= Rani Hoff =

American epidemiologist

Rani A. Hoff is a professor of psychiatry and a director of a national center for Post-traumatic stress disorder (PTSD) at Yale University.

==Life and work==
Rani Hoff, daughter of Robert and Victoria Hoff, grew up in Erie, Pennsylvania, and first became a concertmaster of the Erie Philharmonic Youth orchestra at the age of 10. She graduated with a BS in mathematics and biology from Mercyhurst University in 1985 at the age of 16, and within the next two months she joined the Army and was reporting to basic training in Fort Jackson, South Carolina, hoping to become a medical specialist.

After her discharge from the Army, she enrolled at Yale University where she received her MPH in chronic disease epidemiology, and her PhD in mental health services research and psychiatric epidemiology.

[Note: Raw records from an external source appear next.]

-- ===== src/Efi/Screen.antt =====
-- The frame buffer in the boot information that boot/efi/loader.c builds, as
-- kernel/graphics/framebuffer.c reads it.
use mantle_os.Base.{
  ℕ, ◌+◌, ◌*◌, ◌/◌, ◌%◌, ◌≤◌, ◌<◌, ◌≡◌, ◌≢◌, refl, sym, ap, ◌∙◌, inl, inr, true, false, Option,
  none, some, add32, add64, arith, u32_mod, u64_mod,
}
use mantle_os.Memory.{Run, done, fault, ◌>>=◌, Returns, Region, le32}
use mantle_os.Framebuffer.{FramebufferState}
use mantle_os.Framebuffer.Bounds.{Framed}
use mantle_os.Framebuffer.Drawn.{OnScreen, IsDrawable}
use mantle_os.Framebuffer.Init.{InitEnd, state_of, framebuffer_init}
use mantle_os.Framebuffer.Search.{
  framebuffer_tag, Passes, screen, pass, IsUsable, InitOutcome, framebuffer_init-InitOutcome,
}
use mantle_os.Efi.Info.{GraphicsMode, build_info}
use mantle_os.Efi.Page.{info_page, blank, build_info_lem}
use mantle_os.Efi.Handover.{with_page, with_page-byte}

-- The kernel's search in the boot information that was built.
abbrev pub init_in : ℕ → Region → FramebufferState → Region → Option (ℕ × Region) → Run InitEnd
init_in fuel ram state video none =
    done (record { state = state; video = video; succeeded = false })
init_in fuel ram state video (some (address, page)) =
    framebuffer_init fuel (with_page ram address page) 0x36d7_6289 address state video

-- The screen of a mode: four bytes for a pixel, red first.
abbrev pub screen_of : GraphicsMode → FramebufferState
screen_of mode = record {
  address = mode.frame_buffer_base;
  pitch = mode.pixels_per_scan_line * 4 % u32_mod;
  width = mode.horizontal_resolution;
  height = mode.vertical_resolution;
  bytes_per_pixel = 4;
  red_position = 0;
  green_position = 8;
  blue_position = 16;
}

-- A mode with a frame buffer and a screen, whose numbers are in range.
pub record IsMode (mode : GraphicsMode) : Type 0 where
  pub base : (mode.frame_buffer_base ≢ 0) × (mode.frame_buffer_base < u64_mod)
  pub line : mode.pixels_per_scan_line * 4 % u32_mod ≢ 0
  pub width : (mode.horizontal_resolution ≢ 0) × (mode.horizontal_resolution < u32_mod)
  pub height : (mode.vertical_resolution ≢ 0) × (mode.vertical_resolution < u32_mod)

-- The screen of the mode is set up, and only its pixels are written.
abbrev pub Shows : GraphicsMode → Region → InitEnd → Type 0
Shows mode video r =
    (r.succeeded ≡ true)
    × (r.state ≡ screen_of mode)
    × Framed r.state (OnScreen r.state) video r.video

module _ (ram page : Region) (address : ℕ) (whole : page.size ≡ 0x1000) where
  byte_at :
      (a k : ℕ) → a ≡ address + k → k < 0x1000 → (with_page ram address page).byte a ≡ page.byte k
  byte_at a k e h = rw e (with_page-byte ram page address whole k h)

  word_at :
      (a k : ℕ)
      → a ≡ address + k
      → k + 4 ≤ 0x1000
      → le32 (with_page ram address page).byte a ≡ le32 page.byte k
  word_at a k e h = omega (
    arith,
    byte_at a k e (omega arith),
    byte_at (a + 1) (k + 1) (omega arith) (omega arith),
    byte_at (a + 2) (k + 2) (omega arith) (omega arith),
    byte_at (a + 2 + 1) (k + 2 + 1) (omega arith) (omega arith),
  )

module _ (ram : Region) (address : ℕ) (f : ℕ → ℕ) (mode : GraphicsMode) (start end : ℕ)
    (good : IsMode mode) (room : address + 0x1000 ≤ ram.size) (low : address < u32_mod) where
  abbrev page : Region
  page = record { byte = info_page (blank f) (some mode) start end; size = 0x1000 }

  abbrev seen : Region
  seen = with_page ram address page

  word : (a k : ℕ) → a ≡ address + k → k + 4 ≤ 0x1000 → le32 seen.byte a ≡ le32 page.byte k
  word = word_at ram page address refl

  byte : (a k : ℕ) → a ≡ address + k → k < 0x1000 → seen.byte a ≡ page.byte k
  byte = byte_at ram page address refl

  tag-Passes : Passes seen (address + 40) (add64 address 8) 1
  tag-Passes =
      let first : add64 address 8 ≡ address + 8 = omega arith in
      let size = word (address + 8 + 4) 12 (omega arith) (omega arith) in
      let second : add64 (address + 8) (add32 30 7 / 8 * 8) ≡ address + 40 = omega arith in
      rw first (
        pass (omega arith) (omega (arith, word (address + 8) 8 refl (omega arith)))
          (inl (omega (arith, word (address + 8) 8 refl (omega arith))))
          (rw (size, second)
            (screen (omega arith) (word (address + 40) 40 refl (omega arith))
              (omega (arith, word (address + 40 + 4) 44 (omega arith) (omega arith))))))

  state_of-screen : state_of (framebuffer_tag seen (address + 40)) ≡ screen_of mode
  state_of-screen = ground (
    arith,
    word (address + 40 + 8) 48 (omega arith) (omega arith),
    word (address + 40 + 8 + 4) 52 (omega arith) (omega arith),
    word (address + 40 + 16) 56 (omega arith) (omega arith),
    word (address + 40 + 20) 60 (omega arith) (omega arith),
    word (address + 40 + 24) 64 (omega arith) (omega arith),
    byte (address + 40 + 28) 68 (omega arith) (omega arith),
    byte (address + 40 + 32) 72 (omega arith) (omega arith),
    byte (address + 40 + 34) 74 (omega arith) (omega arith),
    byte (address + 40 + 36) 76 (omega arith) (omega arith),
  )

  tag-IsUsable : IsUsable (framebuffer_tag seen (address + 40))
  tag-IsUsable =
      let same = state_of-screen in
      record {
        type = byte (address + 40 + 29) 69 (omega arith) (omega arith);
        address = λ none_there. good.base.0 (sym (ap FramebufferState.address same) ∙ none_there);
        depth = (
          omega (arith, byte (address + 40 + 28) 68 (omega arith) (omega arith)),
          omega (arith, byte (address + 40 + 28) 68 (omega arith) (omega arith)),
        );
        width = λ none_there. good.width.0 (sym (ap FramebufferState.width same) ∙ none_there);
        height = λ none_there. good.height.0 (sym (ap FramebufferState.height same) ∙ none_there);
        pitch = λ none_there. good.line (sym (ap FramebufferState.pitch same) ∙ none_there);
      }

  outcome-Shows :
      (video : Region) (m : Run InitEnd)
      → Returns m (InitOutcome seen (address + 40) video)
      → Returns m (Shows mode video)
  outcome-Shows video (done r) (inl (ok, type, usable, same, framed)) =
      (ok, same ∙ state_of-screen, framed)
  outcome-Shows video (done r) (inr (failed, never, same)) =
      absurd (never (word (address + 40) 40 refl (omega arith)) tag-IsUsable)
  outcome-Shows video fault out = out

  framebuffer_init-Shows :
      (fuel : ℕ) (state : FramebufferState) (video : Region)
      → 1 < fuel
      → address ≢ 0
      → IsDrawable (screen_of mode) video.size
      → Returns (framebuffer_init fuel seen 0x36d7_6289 address state video) (Shows mode video)
  framebuffer_init-Shows fuel state video enough some_address drawable =
      outcome-Shows video (framebuffer_init fuel seen 0x36d7_6289 address state video) (
        framebuffer_init-InitOutcome seen address (address + 40) 1 fuel state video some_address
          tag-Passes enough λ usable. rw state_of-screen drawable)

-- With a page below 4 GiB that is not at the address 0, a memory that holds it, a mode in range with a screen on which
-- the mark has room, and the memory of the device for its rows: The boot information that the
-- loader builds leads the kernel's search to the frame buffer. The search and the drawing end within two tags,
-- the kernel's state is that of the mode, and only bytes of the pixels of its screen are written.
pub build_info-Shows :
    (ram : Region) (address : ℕ) (f : ℕ → ℕ) (mode : GraphicsMode) (rootfs size fuel : ℕ)
    (state : FramebufferState) (video : Region)
    → IsMode mode
    → address ≢ 0
    → address < u32_mod
    → address + 0x1000 ≤ ram.size
    → 1 < fuel
    → IsDrawable (screen_of mode) video.size
    → Returns
        (build_info (some (address, record { byte = f; size = 0x1000 })) (some mode) rootfs size
          >>= init_in fuel ram state video)
        (Shows mode video)
build_info-Shows ram address f mode rootfs size fuel state video good some_address low room enough
      drawable =
    rw (build_info_lem address f (some mode) rootfs size) (
      framebuffer_init-Shows ram address f mode (rootfs % u32_mod)
        (add32 (rootfs % u32_mod) (size % u32_mod)) good room low fuel state video enough
        some_address drawable)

Upon completion of her studies, she joined the staff at Yale and was promoted to full professor in 2013.

Her research examines risk factors and correlates of several psychiatric disorders, paying particular attention to disorders that occur together. This research has included studies on pathological gambling, schizophrenia, substance abuse/dependence, the risk of suicide in psychiatric patients, trauma and comorbidity, criminal justice mental health, and the mental health problems experienced by the homeless.

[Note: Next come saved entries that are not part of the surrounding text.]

-- ===== src/Elf/Accept.antt =====
-- `mantle_elf_load` accepts every well-formed executable.
use Prim.Native.Nat.{bit_and}
use mantle_os.Base.{
  ℕ, zero, suc, ◌-◌, ◌%◌, ◌^◌, ◌≤◌, ◌<◌, ◌≡◌, refl, ap, sym, ◌∙◌, ◌⊎◌, inl, inr, false, arith,
  u32_mod, u64_mod, sub64,
}
use native.Mathlib.Nat.{one-le-pow}
use mantle_os.Base.Bits.{bit_and-mask, bit_and-pow_mask}
use mantle_os.Elf.{ElfHeader, ProgramHeader, elf_header_rejected, program_rejected}
use mantle_os.Elf.Format.{HeaderFits, SegmentFits}

-- The segment may start at any address, or at one that is congruent to its offset in the file.
abbrev pub IsAligned : ProgramHeader → Type 0
IsAligned p =
    (p.align ≤ 1)
    ⊎ ((k : ℕ) × (p.align < u64_mod) × (p.align ≡ 2 ^ k) × (p.vaddr % 2 ^ k ≡ p.offset % 2 ^ k))

pub header_accepted :
    (h : ElfHeader) (size : ℕ)
    → size < u32_mod
    → HeaderFits h size
    → (h.ident 4 ≡ 2) × (h.ident 5 ≡ 1)
    → h.version ≡ 1
    → h.ehsize ≡ 64
    → elf_header_rejected h size ≡ false
unfolding elf_header_rejected
header_accepted h size small fits class version ehsize = ground arith

-- What the two tests of the alignment compute.
abbrev Masked : ProgramHeader → Type 0
Masked p =
    ((p.align ≡ 0) ⊎ (bit_and p.align (sub64 p.align 1) ≡ 0))
    × ((p.align ≤ 1) ⊎ (bit_and p.vaddr (sub64 p.align 1) ≡ bit_and p.offset (sub64 p.align 1)))

IsAligned-Masked : (p : ProgramHeader) → IsAligned p → Masked p
IsAligned-Masked p (inl small) = (one p.align small, inl small)
  where
    one : (a : ℕ) → a ≤ 1 → (a ≡ 0) ⊎ (bit_and a (sub64 a 1) ≡ 0)
    one zero h = inl refl
    one (suc zero) h = inr refl
    one (suc (suc a)) h = absurd (omega arith)
IsAligned-Masked p (inr (k, word, power, congruent)) =
    let mask : sub64 p.align 1 ≡ 2 ^ k - 1 = omega (arith, one-le-pow k 2 (omega arith)) in
    rw mask (
      inr (ap (λ a. bit_and a (2 ^ k - 1)) power ∙ bit_and-pow_mask k),
      inr (bit_and-mask k p.vaddr ∙ congruent ∙ sym (bit_and-mask k p.offset)),
    )

pub program_accepted :
    (p : ProgramHeader) (size : ℕ)
    → size < u32_mod
    → SegmentFits p size
    → IsAligned p
    → program_rejected p size ≡ false
unfolding program_rejected
program_accepted p size small fits aligned = ground (arith, IsAligned-Masked p aligned)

Hoff is a former associate director of the Robert Wood Johnson Foundation Clinical Scholars Program and the head of the Women and Trauma Core of Women’s Health at Yale.

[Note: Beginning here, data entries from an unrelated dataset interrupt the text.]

-- ===== src/Elf/Succeed.antt =====
-- A well-formed executable is loaded.
use mantle_os.Base.{
  ℕ, zero, suc, ◌+◌, ◌*◌, ◌%◌, ◌≤◌, ◌<◌, ◌≡◌, refl, ap, ◌∙◌, ◌⊎◌, inl, inr, true, false, ◌||◌,
  Option, none, some, ◌==◌, arith, ltb-false, u32_mod, Bool-cases, add16, add64,
}
use mantle_os.Memory.{Run, done, fault, ◌>>=◌, Returns, Region, le16, le32, le64}
use mantle_os.Elf.{ElfHeader, ProgramHeader, UserSpace, UserImage, user_range}
use mantle_os.Elf.Loader.{
  Loading, LoadStep, next, reject, and_then, count_segment, contains_entry, place_segment,
  load_program, load_programs, finish_load, load_checked, prepare_space, elf_load,
}
use mantle_os.Elf.Format.{
  elf_header_at, HeaderFits, SegmentFits, EntryIn, program_at, read_elf_header_lem,
  read_program_lem,
}
use mantle_os.Elf.Place.{Placed, place_segment-Placed}
use mantle_os.Elf.Load.{Kept, Holds}
use mantle_os.Elf.Accept.{IsAligned, header_accepted, program_accepted}
use mantle_os.Elf.Outcome.{Prepared, prepare_space-Prepared}

-- Every loadable header of the `n` from `at` on fits.
abbrev pub AllFit : (ℕ → ℕ) → ℕ → ℕ → ℕ → Type 0
AllFit f size zero at = Unit {0}
AllFit f size (suc n) at =
    (le32 f at ≡ 1 → SegmentFits (program_at f at) size × IsAligned (program_at f at))
    × AllFit f size n (at + 56)

pub record IsExecutable (image : Region) (size : ℕ) : Type 0 where
  pub header : HeaderFits (elf_header_at image.byte) size
  pub class : (image.byte 4 ≡ 2) × (image.byte 5 ≡ 1)
  pub version : le32 image.byte 20 ≡ 1
  pub ehsize : le16 image.byte 52 ≡ 64
  pub segments : AllFit image.byte size (le16 image.byte 56) (le64 image.byte 32)
  pub entry : EntryIn image.byte (le16 image.byte 56) (le64 image.byte 32) (le64 image.byte 24)
  pub entry_range : (0x40_0000 ≤ le64 image.byte 24) × (le64 image.byte 24 < 0x60_0000)

-- The entry point is found already, or in one of the headers that are left.
abbrev Found : Loading → Type 0
Found s = (0 < s.load_count) × (s.entry_valid ≡ true)

abbrev Ready : ElfHeader → (ℕ → ℕ) → ℕ → ℕ → Loading → Type 0
Ready h f n at s = Found s ⊎ EntryIn f n at h.entry

EntryIn-cases :
    (f : ℕ → ℕ) (n at entry : ℕ)
    → EntryIn f (suc n) at entry
    → Holds (program_at f at) entry ⊎ EntryIn f n (at + 56) entry
EntryIn-cases f n at entry (zero, h, holds) =
    let e : at + 0 * 56 ≡ at = omega arith in inl (rw e at holds)
EntryIn-cases f n at entry (suc i, h, holds) =
    let e : at + suc i * 56 ≡ at + 56 + i * 56 = omega arith in inr (i, omega arith, rw e at holds)

contains_entry-Holds :
    (h : ElfHeader) (p : ProgramHeader) (size : ℕ)
    → SegmentFits p size
    → Holds p h.entry
    → contains_entry h p ≡ true
unfolding contains_entry
contains_entry-Holds h p size fits holds = ground arith

Ready-count_segment :
    (h : ElfHeader) (f : ℕ → ℕ) (n at size : ℕ) (s : Loading) (space : UserSpace)
    → SegmentFits (program_at f at) size
    → s.load_count + 1 < 0x1_0000
    → Ready h f (suc n) at s
    → Found (record {
      space = space;
      load_count = add16 s.load_count 1;
      entry_valid = contains_entry h (program_at f at) || s.entry_valid;
    })
      ⊎ EntryIn f n (at + 56) h.entry
Ready-count_segment h f n at size s space fits room (inl found) = inl (omega arith, ground arith)
Ready-count_segment h f n at size s space fits room (inr entry) =
    elim (EntryIn-cases f n at h.entry entry) [
      | inl here ↦
          inl (omega arith, rw (contains_entry-Holds h (program_at f at) size fits here) refl)
      | inr there ↦ inr there
    ]

-- The loop ends by `next`, with the entry point found.
abbrev Goes : LoadStep → Type 0
Goes (next s) = Found s
Goes (reject space) = ⊥

-- The load returns 0.
abbrev pub Succeeds : UserSpace × Option UserImage → Type 0
Succeeds (space, none) = ⊥
Succeeds (space, some user) = Unit {0}

finish_load-Succeeds :
    (h : ElfHeader) (m : Run LoadStep) → Returns m Goes → Returns (m >>= finish_load h) Succeeds
unfolding finish_load
finish_load-Succeeds h (done (next s)) (counted, valid) =
    let counts : (s.load_count == 0) ≡ false = ground arith in rw (valid, counts) tt
finish_load-Succeeds h (done (reject space)) never = elim never [ ]
finish_load-Succeeds h fault never = never

module _ (base : ℕ) (aligned : base % 4096 ≡ 0) (image : Region) (size : ℕ)
    (inside : size ≤ image.size) (small : size < u32_mod) (h : ElfHeader)
    (entry_size : h.phentsize ≡ 56) where
  abbrev Resumes : ℕ → ℕ → (Loading → Run LoadStep) → Type 0
  Resumes n at k =
      (s : Loading)
      → Kept s.space
      → s.load_count + n < 0x1_0000
      → Ready h image.byte n at s
      → Returns (k s) Goes

  load_program-Goes :
      (n at : ℕ) (s : Loading) (k : Loading → Run LoadStep)
      → (le32 image.byte at ≡ 1
          → SegmentFits (program_at image.byte at) size × IsAligned (program_at image.byte at))
      → Kept s.space
      → s.load_count + suc n < 0x1_0000
      → Ready h image.byte (suc n) at s
      → Resumes n (at + 56) k
      → Returns
          (load_program base image size h (program_at image.byte at) s >>= λ step. and_then step k)
          Goes
  unfolding load_program
  load_program-Goes n at s k fits kept room ready rest =
      elim (Bool-cases (le32 image.byte at == 1)) [
        | inr other ↦ rw other (rest s kept (omega arith) (skip other ready))
        | inl load ↦
            let good = fits (ground arith) in
            rw (load, program_accepted (program_at image.byte at) size small good.0 good.1)
              (placed good.0 (place_segment base image (program_at image.byte at) s.space) (
                place_segment-Placed base aligned image size inside small (program_at image.byte at)
                  s.space good.0 kept.0 kept.1))
      ]
    where
      skip :
          (le32 image.byte at == 1) ≡ false
          → Ready h image.byte (suc n) at s
          → Ready h image.byte n (at + 56) s
      skip other (inl found) = inl found
      skip other (inr entry) = elim (EntryIn-cases image.byte n at h.entry entry) [
        | inl here ↦ let never : ⊥ = ground (arith, here.0) in absurd never
        | inr there ↦ inr there
      ]

      placed :
          SegmentFits (program_at image.byte at) size
          → (m : Run UserSpace) → Returns m (Placed image (program_at image.byte at) s.space)
          → Returns
              (m
                >>= (λ space. done (count_segment h (program_at image.byte at) s space))
                >>= λ step. and_then step k)
              Goes
      placed good (done space) p =
          rest _ (ap (λ m. m.size) p.memory ∙ kept.0, p.pages) (omega arith)
            (Ready-count_segment h image.byte n at size s space good (omega arith) ready)
      placed good fault out = out

  load_programs-Goes :
      (n index at : ℕ) (s : Loading)
      → h.phoff + index * 56 ≡ at
      → at + n * 56 ≤ size
      → AllFit image.byte size n at
      → Kept s.space
      → s.load_count + n < 0x1_0000
      → Ready h image.byte n at s
      → Returns (load_programs base image size h n index s) Goes
  unfolding load_programs
  load_programs-Goes zero index at s e space fits kept room (inl found) = found
  load_programs-Goes zero index at s e space fits kept room (inr (i, never, _)) = elim never [ ]
  load_programs-Goes (suc n) index at s e space (fits, later) kept room ready =
      let product : index * h.phentsize ≡ index * 56 = ap (λ t. index * t) entry_size in
      let place : add64 h.phoff (index * h.phentsize) ≡ at = omega arith in
      rw (place, read_program_lem image at (omega arith))
        (load_program-Goes n at s (load_programs base image size h n (index + 1)) fits kept room
          ready
          λ s' kept' room' ready'.
            load_programs-Goes n (index + 1) (at + 56) s' (omega arith) (omega arith) later kept'
              room' ready')

user_range_entry : (entry : ℕ) → 0x40_0000 ≤ entry → entry < 0x60_0000 → user_range entry 1 ≡ true
unfolding user_range
user_range_entry entry low high = ground arith

load_checked-Succeeds :
    (base : ℕ) (image : Region) (size : ℕ) (old prepared : UserSpace)
    → base % 4096 ≡ 0
    → size ≤ image.size
    → size < u32_mod
    → old.memory.size ≡ 0x20_0000
    → IsExecutable image size
    → Prepared old prepared
    → Returns (load_checked base image size (elf_header_at image.byte) prepared) Succeeds
unfolding load_checked
load_checked-Succeeds base image size old prepared aligned inside small whole good start =
    let h = good.header in
    finish_load-Succeeds (elf_header_at image.byte) _ (
      load_programs-Goes base aligned image size inside small (elf_header_at image.byte)
        h.entry_size (le16 image.byte 56) 0 (le64 image.byte 32)
        (record { space = prepared; load_count = 0; entry_valid = false }) (omega arith)
        h.table_inside good.segments (ap (λ m. m.size) start.bytes ∙ whole, start.pages)
        (omega (arith, h.few_entries)) (inr good.entry))

-- Into a user memory of 2 MiB that starts at a page boundary, a load of a well-formed executable of at least 64 bytes succeeds.
pub elf_load-Succeeds :
    (base : ℕ) (image : Region) (size : ℕ) (space : UserSpace)
    → base % 4096 ≡ 0
    → size ≤ image.size
    → 64 ≤ size
    → size < u32_mod
    → space.memory.size ≡ 0x20_0000
    → IsExecutable image size
    → Returns (elf_load base (some image) size space) Succeeds
unfolding elf_load
elf_load-Succeeds base image size space aligned inside big small whole good =
    let accepted =
      header_accepted (elf_header_at image.byte) size small good.header good.class good.version
        good.ehsize in
    let range = user_range_entry (le64 image.byte 24) good.entry_range.0 good.entry_range.1 in
    rw (ltb-false size 64 big, read_elf_header_lem image (omega arith), accepted, range)
      (checked (prepare_space base space) (prepare_space-Prepared base space aligned whole))
  where
    checked :
        (m : Run UserSpace)
        → Returns m (Prepared space)
        → Returns (m >>= load_checked base image size (elf_header_at image.byte)) Succeeds
    checked (done prepared) start =
        load_checked-Succeeds base image size space prepared aligned inside small whole good start
    checked fault never = never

== Selected publications ==

- Bruce, Martha L., and Rani A. Hoff. "Social and physical health risk factors for first-onset major depressive disorder in a community sample." Social psychiatry and psychiatric epidemiology 29 (1994): 165-171.
- Hoff, Rani A., and Robert A. Rosenheck. "The cost of treating substance abuse patients with and without comorbid psychiatric disorders." Psychiatric Services 50, no. 10 (1999): 1309-1315.
- Leeman, Robert F., Rani A. Hoff, Suchitra Krishnan-Sarin, Julie A. Patock-Peckham, and Marc N. Potenza. "Impulsivity, sensation-seeking, and part-time job status in relation to substance use and gambling in adolescents." Journal of Adolescent Health 54, no. 4 (2014): 460-466.
- Resnick, Sandra G., and Rani A. Hoff. "Observations from the national implementation of Measurement Based Care in Mental Health in the Department of Veterans Affairs." Psychological services 17, no. 3 (2020): 238.